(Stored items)
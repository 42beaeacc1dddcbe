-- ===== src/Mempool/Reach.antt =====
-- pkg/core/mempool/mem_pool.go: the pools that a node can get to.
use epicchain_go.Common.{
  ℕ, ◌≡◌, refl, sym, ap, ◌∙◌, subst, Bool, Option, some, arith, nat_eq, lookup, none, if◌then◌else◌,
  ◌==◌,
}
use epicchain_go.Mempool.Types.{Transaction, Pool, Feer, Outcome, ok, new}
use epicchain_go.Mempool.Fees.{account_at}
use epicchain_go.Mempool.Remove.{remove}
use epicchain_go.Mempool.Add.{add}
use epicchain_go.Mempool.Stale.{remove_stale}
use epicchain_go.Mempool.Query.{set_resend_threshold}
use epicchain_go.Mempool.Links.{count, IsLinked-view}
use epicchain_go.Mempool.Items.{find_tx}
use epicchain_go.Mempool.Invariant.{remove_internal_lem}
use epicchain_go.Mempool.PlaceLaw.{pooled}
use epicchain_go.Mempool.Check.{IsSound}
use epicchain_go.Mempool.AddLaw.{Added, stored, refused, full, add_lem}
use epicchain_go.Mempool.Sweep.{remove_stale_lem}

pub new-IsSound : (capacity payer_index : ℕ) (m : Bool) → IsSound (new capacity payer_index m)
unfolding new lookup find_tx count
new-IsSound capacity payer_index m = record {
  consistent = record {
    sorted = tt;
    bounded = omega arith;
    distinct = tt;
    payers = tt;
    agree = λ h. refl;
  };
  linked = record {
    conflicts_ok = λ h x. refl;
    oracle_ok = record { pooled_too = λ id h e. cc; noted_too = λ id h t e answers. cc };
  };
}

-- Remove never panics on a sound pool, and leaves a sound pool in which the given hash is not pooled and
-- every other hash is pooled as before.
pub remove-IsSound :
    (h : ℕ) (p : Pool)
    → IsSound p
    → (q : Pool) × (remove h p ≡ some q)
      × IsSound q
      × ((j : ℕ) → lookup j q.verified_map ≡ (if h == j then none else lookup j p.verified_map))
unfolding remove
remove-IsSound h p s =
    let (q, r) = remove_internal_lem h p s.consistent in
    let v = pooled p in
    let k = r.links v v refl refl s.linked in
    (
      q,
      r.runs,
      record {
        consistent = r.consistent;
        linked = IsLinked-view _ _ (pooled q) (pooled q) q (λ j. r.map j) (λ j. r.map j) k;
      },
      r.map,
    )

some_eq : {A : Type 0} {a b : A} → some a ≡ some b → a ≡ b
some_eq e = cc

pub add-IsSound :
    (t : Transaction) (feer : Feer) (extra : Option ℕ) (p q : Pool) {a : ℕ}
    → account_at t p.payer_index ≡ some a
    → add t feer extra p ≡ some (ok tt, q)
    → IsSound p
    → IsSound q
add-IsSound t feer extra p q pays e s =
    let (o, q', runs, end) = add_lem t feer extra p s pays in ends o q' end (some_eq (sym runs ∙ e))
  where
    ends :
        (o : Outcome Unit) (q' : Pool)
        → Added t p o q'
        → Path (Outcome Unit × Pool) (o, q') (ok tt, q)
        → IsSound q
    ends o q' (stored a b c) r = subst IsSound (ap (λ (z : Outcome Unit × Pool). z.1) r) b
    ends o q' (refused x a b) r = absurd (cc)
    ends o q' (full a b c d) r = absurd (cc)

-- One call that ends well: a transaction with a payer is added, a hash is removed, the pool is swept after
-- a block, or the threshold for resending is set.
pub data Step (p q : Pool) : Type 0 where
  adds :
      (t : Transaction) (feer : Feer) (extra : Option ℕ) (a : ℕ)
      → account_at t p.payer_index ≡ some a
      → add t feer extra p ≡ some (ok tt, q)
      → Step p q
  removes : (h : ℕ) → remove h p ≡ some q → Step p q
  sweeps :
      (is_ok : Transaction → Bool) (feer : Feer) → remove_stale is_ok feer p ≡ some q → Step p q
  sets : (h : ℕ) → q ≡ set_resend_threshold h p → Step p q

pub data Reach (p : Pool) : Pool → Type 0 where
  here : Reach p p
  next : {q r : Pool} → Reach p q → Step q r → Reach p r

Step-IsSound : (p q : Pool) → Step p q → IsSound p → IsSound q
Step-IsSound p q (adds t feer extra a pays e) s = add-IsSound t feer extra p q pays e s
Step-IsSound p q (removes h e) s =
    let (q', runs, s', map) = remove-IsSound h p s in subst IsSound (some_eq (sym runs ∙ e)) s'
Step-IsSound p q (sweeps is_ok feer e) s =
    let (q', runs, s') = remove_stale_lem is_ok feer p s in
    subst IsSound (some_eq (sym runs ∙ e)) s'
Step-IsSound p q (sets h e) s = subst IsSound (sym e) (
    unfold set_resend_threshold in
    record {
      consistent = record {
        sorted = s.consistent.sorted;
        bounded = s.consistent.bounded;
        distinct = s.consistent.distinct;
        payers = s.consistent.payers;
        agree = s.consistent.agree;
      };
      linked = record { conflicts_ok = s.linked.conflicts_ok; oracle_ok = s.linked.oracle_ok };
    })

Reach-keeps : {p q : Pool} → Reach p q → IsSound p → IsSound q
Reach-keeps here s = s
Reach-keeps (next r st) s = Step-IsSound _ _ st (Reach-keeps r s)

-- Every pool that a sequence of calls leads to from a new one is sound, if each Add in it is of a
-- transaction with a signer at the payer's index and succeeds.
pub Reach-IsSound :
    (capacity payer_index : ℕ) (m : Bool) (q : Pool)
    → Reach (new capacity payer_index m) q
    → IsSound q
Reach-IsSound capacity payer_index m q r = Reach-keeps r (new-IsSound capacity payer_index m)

* _What you need to do_: Look at the records above. Copy every line where the string "Unit" occurs.

* _Exercise output_:
        (o : Outcome Unit) (q' : Pool)
        → Path (Outcome Unit × Pool) (o, q') (ok tt, q)
    ends o q' (stored a b c) r = subst IsSound (ap (λ (z : Outcome Unit × Pool). z.1) r) b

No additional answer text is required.